- **Saved entries**:
※

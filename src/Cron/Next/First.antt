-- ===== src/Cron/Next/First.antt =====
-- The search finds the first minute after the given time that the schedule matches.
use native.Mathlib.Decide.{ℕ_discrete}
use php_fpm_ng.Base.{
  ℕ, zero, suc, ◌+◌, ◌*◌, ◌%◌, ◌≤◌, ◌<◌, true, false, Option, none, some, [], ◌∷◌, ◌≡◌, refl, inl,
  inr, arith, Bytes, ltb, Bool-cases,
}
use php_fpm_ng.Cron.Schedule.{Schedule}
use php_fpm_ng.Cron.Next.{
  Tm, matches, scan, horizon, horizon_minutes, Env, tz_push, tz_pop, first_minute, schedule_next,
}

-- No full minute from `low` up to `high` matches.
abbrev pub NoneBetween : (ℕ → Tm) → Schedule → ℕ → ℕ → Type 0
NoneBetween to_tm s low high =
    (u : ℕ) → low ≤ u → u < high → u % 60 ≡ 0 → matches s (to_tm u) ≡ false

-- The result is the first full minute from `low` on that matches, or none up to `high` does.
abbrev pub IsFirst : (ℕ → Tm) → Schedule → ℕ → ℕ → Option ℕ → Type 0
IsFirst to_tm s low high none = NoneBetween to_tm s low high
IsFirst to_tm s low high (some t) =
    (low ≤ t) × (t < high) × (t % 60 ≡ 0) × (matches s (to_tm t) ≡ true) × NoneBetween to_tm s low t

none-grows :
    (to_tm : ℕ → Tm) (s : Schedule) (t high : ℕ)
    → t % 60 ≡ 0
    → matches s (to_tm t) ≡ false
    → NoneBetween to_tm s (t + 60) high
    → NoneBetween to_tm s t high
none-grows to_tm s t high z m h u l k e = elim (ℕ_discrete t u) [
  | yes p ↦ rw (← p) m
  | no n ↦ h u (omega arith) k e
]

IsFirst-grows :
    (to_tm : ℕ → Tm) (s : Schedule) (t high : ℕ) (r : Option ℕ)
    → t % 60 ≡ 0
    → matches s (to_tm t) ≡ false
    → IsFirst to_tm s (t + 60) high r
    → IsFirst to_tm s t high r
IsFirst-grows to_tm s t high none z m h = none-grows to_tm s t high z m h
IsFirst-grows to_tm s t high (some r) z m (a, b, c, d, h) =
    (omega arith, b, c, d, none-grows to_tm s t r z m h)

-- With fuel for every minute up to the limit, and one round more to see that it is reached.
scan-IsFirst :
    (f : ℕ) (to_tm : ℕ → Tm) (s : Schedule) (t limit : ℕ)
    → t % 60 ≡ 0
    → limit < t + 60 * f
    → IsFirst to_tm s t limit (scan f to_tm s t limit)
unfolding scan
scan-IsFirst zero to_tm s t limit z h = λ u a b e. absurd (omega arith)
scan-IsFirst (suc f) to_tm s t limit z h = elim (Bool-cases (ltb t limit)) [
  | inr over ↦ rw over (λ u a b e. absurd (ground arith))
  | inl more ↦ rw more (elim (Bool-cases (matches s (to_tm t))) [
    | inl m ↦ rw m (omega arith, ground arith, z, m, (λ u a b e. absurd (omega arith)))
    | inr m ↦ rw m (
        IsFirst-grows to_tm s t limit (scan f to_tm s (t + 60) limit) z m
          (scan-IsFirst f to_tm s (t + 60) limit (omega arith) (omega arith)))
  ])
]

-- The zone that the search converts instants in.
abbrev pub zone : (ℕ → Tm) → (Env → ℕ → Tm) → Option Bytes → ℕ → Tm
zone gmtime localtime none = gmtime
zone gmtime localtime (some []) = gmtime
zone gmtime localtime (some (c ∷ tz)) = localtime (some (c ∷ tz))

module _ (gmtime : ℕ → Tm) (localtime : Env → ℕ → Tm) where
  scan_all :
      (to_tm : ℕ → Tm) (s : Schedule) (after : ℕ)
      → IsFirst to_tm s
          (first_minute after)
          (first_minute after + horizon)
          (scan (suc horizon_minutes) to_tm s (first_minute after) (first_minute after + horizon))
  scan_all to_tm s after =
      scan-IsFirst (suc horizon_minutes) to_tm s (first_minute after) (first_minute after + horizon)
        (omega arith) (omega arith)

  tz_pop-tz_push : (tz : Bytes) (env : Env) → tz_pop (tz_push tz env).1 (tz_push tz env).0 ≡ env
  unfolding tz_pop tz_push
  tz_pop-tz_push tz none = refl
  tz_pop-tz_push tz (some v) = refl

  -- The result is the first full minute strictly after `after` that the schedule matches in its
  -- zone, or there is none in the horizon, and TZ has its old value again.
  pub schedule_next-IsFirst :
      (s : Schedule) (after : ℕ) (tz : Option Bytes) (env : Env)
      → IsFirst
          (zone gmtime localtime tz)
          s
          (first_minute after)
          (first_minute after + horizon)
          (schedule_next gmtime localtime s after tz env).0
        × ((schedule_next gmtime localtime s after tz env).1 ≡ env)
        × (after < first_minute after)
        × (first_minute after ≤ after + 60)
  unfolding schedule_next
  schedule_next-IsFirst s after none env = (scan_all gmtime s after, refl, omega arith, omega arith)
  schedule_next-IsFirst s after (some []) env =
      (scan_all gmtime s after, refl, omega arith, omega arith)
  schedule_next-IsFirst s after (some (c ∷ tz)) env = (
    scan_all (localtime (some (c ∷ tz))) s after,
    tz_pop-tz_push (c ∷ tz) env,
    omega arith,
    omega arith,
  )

※

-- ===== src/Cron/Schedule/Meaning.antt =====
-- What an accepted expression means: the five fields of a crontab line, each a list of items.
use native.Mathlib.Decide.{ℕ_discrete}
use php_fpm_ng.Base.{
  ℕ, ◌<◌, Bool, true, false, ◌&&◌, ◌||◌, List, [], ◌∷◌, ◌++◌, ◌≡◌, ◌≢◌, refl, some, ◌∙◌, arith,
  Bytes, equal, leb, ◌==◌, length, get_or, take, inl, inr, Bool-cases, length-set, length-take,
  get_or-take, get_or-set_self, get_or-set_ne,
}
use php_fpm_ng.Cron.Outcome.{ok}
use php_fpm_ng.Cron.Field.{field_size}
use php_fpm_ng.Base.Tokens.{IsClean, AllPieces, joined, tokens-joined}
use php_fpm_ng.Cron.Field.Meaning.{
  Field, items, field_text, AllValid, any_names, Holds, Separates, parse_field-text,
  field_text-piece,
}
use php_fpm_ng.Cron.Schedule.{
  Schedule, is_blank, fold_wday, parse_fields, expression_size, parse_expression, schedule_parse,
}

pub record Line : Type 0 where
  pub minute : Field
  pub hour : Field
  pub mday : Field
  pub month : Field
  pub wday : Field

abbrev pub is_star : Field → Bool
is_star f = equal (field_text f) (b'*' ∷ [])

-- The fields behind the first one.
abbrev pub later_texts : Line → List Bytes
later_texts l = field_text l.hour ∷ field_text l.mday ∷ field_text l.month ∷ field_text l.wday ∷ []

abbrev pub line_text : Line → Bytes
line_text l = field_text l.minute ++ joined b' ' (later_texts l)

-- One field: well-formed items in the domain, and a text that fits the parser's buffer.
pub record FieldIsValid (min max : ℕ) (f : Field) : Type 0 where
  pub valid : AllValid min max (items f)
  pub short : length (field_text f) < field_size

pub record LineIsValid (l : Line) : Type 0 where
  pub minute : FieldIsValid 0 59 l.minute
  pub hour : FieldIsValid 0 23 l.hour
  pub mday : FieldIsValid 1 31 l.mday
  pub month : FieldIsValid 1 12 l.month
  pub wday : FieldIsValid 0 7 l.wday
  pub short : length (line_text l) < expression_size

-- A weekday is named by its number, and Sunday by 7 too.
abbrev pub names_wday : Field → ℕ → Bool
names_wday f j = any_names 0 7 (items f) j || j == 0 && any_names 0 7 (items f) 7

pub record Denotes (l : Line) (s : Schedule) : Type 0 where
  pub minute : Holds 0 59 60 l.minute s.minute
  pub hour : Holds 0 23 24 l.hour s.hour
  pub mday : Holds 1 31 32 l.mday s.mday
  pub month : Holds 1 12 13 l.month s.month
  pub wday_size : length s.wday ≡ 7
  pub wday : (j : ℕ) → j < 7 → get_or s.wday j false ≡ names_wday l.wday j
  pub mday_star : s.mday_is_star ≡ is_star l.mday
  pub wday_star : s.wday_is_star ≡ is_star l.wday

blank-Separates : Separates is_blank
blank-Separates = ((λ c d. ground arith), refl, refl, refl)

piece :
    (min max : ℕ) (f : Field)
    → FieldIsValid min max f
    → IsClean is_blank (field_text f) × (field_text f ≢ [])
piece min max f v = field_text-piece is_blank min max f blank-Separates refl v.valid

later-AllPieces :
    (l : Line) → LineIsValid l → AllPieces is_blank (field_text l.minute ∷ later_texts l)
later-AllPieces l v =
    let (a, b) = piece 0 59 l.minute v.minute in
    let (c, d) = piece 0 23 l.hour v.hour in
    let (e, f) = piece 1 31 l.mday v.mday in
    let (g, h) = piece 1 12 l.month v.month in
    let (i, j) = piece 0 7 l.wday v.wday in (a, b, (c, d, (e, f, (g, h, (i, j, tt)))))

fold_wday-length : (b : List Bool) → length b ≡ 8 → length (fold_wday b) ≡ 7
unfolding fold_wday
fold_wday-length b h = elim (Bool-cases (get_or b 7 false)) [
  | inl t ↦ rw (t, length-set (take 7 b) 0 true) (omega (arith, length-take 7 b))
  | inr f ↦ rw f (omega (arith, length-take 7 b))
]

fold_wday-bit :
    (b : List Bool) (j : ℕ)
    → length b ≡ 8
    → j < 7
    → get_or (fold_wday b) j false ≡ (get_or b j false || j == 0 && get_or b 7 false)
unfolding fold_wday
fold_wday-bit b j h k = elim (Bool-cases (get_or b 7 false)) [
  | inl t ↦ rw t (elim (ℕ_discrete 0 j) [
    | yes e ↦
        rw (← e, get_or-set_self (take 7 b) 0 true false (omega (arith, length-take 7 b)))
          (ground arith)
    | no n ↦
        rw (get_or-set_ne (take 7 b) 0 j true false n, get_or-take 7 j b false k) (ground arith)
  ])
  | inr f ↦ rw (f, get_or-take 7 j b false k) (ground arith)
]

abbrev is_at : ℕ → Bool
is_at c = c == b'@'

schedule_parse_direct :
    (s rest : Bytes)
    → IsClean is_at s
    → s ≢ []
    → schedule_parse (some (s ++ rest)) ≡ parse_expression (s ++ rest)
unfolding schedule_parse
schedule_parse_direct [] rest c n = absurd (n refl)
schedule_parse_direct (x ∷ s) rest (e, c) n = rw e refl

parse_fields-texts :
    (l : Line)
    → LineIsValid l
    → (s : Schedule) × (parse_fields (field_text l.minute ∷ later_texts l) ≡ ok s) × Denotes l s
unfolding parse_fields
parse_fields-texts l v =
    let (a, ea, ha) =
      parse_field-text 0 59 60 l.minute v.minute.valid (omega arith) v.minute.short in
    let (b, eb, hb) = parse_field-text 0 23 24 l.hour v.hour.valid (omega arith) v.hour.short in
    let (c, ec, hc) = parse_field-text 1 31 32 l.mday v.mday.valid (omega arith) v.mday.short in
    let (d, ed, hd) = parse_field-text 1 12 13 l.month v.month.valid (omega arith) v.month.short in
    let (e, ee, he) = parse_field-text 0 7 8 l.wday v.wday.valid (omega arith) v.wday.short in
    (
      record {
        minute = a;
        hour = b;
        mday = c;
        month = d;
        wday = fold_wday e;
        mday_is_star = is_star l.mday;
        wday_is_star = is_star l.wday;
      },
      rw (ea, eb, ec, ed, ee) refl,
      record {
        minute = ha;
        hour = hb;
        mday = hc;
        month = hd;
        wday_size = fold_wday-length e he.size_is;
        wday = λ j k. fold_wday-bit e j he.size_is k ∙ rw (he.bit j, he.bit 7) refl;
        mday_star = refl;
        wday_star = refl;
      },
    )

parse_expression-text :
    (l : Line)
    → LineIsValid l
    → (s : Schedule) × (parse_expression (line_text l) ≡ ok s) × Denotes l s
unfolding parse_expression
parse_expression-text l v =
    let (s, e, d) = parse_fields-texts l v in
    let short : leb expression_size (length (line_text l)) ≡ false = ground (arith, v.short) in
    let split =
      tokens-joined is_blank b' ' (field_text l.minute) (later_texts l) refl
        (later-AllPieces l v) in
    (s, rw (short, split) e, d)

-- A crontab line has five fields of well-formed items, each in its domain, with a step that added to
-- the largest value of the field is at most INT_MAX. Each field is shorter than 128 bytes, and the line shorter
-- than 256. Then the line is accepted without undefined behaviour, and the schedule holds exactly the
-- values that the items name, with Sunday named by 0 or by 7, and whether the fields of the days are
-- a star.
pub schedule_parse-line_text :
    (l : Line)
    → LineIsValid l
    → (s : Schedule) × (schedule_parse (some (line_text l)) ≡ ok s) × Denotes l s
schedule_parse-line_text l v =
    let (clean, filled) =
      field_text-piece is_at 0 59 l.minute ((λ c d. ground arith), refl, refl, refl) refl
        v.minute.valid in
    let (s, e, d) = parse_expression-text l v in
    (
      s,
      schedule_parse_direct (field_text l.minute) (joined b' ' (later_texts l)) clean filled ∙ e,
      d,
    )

※

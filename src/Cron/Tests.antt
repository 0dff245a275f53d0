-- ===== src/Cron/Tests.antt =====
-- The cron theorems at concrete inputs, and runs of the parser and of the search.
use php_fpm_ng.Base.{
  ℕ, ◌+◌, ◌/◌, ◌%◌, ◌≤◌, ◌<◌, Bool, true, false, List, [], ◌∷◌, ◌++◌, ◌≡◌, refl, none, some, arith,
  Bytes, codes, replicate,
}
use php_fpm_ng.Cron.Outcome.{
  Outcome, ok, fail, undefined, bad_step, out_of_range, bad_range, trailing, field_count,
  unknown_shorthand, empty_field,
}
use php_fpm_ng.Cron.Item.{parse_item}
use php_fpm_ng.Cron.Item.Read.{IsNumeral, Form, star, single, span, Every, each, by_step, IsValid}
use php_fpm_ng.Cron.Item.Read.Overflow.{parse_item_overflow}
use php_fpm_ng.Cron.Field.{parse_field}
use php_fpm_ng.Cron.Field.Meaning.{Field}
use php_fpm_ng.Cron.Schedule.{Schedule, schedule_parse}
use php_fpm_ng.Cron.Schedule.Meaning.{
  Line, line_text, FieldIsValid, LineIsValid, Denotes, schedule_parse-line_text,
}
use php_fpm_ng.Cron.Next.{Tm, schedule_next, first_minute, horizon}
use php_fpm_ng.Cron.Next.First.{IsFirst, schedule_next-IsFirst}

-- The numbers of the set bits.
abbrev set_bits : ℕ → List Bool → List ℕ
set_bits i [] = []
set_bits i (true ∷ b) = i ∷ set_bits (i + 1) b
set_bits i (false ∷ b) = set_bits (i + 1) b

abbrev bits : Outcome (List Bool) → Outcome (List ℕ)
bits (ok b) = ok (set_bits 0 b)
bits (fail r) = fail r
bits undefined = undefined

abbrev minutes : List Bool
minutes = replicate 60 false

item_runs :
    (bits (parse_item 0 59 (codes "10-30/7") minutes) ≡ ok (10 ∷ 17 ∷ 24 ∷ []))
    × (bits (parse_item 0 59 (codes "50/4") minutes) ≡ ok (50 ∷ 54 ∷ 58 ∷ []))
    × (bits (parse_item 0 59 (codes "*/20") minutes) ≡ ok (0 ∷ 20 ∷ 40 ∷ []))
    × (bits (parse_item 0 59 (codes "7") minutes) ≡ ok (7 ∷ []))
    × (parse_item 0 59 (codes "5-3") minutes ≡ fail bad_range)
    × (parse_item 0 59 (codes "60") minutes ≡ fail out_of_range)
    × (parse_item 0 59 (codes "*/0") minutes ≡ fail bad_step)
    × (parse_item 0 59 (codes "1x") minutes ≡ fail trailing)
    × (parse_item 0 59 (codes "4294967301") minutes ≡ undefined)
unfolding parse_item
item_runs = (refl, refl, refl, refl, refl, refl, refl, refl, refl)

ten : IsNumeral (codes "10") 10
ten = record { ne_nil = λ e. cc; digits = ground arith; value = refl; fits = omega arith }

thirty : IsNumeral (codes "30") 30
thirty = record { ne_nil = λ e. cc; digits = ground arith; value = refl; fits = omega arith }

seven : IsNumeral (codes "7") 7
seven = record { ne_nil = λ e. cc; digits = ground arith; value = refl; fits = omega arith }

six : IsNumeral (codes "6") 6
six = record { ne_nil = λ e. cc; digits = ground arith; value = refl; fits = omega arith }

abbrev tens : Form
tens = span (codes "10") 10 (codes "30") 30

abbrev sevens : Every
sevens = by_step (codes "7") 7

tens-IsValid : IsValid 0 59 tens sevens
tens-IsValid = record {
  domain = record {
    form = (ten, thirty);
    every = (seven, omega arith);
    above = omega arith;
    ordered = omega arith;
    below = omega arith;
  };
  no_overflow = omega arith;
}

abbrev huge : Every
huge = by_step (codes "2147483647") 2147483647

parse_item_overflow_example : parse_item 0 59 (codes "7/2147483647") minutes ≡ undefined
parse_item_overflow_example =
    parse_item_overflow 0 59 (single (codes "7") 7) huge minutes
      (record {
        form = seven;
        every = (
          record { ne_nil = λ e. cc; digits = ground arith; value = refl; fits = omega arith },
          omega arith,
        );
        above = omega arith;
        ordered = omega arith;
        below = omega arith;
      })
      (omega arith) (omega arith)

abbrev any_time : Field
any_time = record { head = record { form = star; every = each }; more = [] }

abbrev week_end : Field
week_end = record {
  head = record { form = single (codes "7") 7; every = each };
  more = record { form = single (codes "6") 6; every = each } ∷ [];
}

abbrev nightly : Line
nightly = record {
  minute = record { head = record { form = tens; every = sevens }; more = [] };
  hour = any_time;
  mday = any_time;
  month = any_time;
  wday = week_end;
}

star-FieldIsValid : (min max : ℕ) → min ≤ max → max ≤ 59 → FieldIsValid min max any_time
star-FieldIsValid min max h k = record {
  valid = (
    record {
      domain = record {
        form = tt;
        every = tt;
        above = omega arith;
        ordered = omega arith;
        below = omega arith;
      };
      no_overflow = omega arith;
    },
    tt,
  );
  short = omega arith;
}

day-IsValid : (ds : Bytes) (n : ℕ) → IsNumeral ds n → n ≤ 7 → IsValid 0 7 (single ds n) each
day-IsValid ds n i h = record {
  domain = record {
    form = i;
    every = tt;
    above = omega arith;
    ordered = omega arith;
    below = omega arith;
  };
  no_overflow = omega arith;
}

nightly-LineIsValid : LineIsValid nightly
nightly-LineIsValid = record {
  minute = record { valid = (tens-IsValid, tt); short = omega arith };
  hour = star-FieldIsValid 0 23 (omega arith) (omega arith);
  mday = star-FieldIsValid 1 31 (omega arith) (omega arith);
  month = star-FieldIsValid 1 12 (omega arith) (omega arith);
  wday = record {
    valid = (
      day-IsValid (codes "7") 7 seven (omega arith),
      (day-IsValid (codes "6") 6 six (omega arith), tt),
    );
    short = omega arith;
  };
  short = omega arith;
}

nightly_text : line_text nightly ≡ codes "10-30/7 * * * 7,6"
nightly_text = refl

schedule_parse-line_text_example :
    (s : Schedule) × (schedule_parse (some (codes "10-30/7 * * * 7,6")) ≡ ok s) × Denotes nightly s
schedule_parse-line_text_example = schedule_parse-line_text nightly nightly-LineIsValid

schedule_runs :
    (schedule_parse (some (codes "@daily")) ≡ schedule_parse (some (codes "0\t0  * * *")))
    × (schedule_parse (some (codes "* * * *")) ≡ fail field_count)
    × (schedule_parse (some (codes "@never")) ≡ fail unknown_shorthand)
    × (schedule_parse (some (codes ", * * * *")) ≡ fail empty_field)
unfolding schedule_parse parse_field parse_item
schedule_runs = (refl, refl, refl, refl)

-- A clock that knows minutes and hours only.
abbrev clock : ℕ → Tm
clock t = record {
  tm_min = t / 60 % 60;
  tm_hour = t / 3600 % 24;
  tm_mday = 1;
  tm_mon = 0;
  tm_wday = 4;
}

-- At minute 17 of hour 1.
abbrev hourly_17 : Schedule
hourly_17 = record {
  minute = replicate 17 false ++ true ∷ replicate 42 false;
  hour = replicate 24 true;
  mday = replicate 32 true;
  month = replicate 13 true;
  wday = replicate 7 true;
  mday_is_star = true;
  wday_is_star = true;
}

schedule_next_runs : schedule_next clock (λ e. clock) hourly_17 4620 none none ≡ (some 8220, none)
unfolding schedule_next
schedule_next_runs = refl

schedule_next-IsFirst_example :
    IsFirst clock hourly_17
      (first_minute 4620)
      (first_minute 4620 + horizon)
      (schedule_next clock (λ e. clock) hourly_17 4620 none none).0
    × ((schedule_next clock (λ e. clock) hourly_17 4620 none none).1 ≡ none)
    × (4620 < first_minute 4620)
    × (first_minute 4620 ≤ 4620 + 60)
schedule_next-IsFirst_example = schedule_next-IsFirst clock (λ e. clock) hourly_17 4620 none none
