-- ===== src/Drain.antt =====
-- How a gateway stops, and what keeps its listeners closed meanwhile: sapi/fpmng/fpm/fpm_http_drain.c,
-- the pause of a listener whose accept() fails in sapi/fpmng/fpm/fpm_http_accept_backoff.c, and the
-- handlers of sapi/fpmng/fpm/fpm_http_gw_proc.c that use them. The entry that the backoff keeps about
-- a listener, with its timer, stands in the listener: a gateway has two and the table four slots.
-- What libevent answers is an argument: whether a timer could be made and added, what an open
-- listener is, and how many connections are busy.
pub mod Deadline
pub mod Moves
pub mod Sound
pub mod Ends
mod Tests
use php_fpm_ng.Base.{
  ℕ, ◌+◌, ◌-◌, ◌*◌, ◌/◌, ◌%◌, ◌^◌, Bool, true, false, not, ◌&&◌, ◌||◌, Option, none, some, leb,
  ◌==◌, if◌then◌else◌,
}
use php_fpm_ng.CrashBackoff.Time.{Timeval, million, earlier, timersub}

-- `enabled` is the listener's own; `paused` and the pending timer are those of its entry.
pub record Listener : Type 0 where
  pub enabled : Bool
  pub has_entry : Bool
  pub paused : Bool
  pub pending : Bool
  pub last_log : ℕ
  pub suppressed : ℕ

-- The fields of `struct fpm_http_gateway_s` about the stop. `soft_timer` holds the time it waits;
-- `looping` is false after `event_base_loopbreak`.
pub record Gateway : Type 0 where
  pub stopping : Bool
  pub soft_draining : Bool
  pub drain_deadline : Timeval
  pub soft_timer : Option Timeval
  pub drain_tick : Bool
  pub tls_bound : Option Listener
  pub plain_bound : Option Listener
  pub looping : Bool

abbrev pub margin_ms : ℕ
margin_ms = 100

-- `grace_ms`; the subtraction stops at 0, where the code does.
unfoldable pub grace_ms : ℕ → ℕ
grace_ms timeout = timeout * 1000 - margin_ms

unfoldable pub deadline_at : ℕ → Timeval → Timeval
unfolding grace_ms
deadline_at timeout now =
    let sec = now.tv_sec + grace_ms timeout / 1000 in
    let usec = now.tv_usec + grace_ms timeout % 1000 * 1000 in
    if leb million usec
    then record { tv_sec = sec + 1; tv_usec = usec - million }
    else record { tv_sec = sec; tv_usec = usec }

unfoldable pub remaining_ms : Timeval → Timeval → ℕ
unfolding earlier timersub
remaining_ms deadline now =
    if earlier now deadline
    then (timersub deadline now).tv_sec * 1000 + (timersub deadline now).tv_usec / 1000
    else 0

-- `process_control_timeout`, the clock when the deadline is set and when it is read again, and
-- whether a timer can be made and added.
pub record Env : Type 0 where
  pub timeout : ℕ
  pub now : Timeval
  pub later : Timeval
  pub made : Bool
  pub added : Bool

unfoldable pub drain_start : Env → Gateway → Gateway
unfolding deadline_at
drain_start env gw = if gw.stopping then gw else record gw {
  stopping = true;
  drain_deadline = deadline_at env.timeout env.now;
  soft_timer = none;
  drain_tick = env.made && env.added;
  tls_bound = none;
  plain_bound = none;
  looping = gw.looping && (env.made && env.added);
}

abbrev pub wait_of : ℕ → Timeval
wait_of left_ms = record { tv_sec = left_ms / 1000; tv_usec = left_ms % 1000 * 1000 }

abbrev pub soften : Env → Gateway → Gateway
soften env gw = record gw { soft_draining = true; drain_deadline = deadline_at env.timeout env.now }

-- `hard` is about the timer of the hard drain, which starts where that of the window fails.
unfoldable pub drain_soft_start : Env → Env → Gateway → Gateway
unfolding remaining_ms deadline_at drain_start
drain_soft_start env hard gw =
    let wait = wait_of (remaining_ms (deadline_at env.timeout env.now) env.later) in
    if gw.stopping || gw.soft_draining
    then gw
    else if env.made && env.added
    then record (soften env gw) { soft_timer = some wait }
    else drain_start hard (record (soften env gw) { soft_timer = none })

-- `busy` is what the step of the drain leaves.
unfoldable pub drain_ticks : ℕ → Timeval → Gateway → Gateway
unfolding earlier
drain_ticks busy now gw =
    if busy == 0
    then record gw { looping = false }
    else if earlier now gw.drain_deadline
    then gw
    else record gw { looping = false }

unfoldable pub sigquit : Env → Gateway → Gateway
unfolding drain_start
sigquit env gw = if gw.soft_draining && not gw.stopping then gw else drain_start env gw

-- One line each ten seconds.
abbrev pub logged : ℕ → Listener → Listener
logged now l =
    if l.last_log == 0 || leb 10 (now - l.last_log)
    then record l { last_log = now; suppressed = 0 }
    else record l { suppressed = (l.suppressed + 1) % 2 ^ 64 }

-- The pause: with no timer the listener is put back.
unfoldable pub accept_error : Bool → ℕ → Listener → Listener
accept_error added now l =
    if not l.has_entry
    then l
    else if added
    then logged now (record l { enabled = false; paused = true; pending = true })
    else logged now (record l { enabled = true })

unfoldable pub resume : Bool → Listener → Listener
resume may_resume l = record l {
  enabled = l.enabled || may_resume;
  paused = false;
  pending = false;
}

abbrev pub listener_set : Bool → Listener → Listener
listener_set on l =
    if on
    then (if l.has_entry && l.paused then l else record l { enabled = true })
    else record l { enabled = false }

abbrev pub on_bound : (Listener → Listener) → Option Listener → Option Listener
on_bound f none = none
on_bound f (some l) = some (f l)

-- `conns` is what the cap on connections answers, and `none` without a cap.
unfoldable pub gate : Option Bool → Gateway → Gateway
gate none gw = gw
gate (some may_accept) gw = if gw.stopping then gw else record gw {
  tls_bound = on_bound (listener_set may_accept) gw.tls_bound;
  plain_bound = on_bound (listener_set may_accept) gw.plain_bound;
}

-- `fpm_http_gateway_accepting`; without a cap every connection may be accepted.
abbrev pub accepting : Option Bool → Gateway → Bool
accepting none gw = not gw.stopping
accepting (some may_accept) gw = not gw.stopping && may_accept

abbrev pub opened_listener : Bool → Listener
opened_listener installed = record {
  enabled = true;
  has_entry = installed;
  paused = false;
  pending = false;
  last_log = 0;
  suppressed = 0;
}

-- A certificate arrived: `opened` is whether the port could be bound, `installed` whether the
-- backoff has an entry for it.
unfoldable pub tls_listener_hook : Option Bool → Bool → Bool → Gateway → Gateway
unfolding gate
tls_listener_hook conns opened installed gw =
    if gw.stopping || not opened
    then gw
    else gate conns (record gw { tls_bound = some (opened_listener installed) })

※

- **Problem description**: Using the records above, set down exactly the lines from the one with "day-IsValid : (ds" through the one with "tm_min = t / 60 % 60;", inclusive, and nothing more.

- **The completed task**:
day-IsValid : (ds : Bytes) (n : ℕ) → IsNumeral ds n → n ≤ 7 → IsValid 0 7 (single ds n) each
day-IsValid ds n i h = record {
  domain = record {
    form = i;
    every = tt;
    above = omega arith;
    ordered = omega arith;
    below = omega arith;
  };
  no_overflow = omega arith;
}

nightly-LineIsValid : LineIsValid nightly
nightly-LineIsValid = record {
  minute = record { valid = (tens-IsValid, tt); short = omega arith };
  hour = star-FieldIsValid 0 23 (omega arith) (omega arith);
  mday = star-FieldIsValid 1 31 (omega arith) (omega arith);
  month = star-FieldIsValid 1 12 (omega arith) (omega arith);
  wday = record {
    valid = (
      day-IsValid (codes "7") 7 seven (omega arith),
      (day-IsValid (codes "6") 6 six (omega arith), tt),
    );
    short = omega arith;
  };
  short = omega arith;
}

nightly_text : line_text nightly ≡ codes "10-30/7 * * * 7,6"
nightly_text = refl

schedule_parse-line_text_example :
    (s : Schedule) × (schedule_parse (some (codes "10-30/7 * * * 7,6")) ≡ ok s) × Denotes nightly s
schedule_parse-line_text_example = schedule_parse-line_text nightly nightly-LineIsValid

schedule_runs :
    (schedule_parse (some (codes "@daily")) ≡ schedule_parse (some (codes "0\t0  * * *")))
    × (schedule_parse (some (codes "* * * *")) ≡ fail field_count)
    × (schedule_parse (some (codes "@never")) ≡ fail unknown_shorthand)
    × (schedule_parse (some (codes ", * * * *")) ≡ fail empty_field)
unfolding schedule_parse parse_field parse_item
schedule_runs = (refl, refl, refl, refl)

-- A clock that knows minutes and hours only.
abbrev clock : ℕ → Tm
clock t = record {
  tm_min = t / 60 % 60;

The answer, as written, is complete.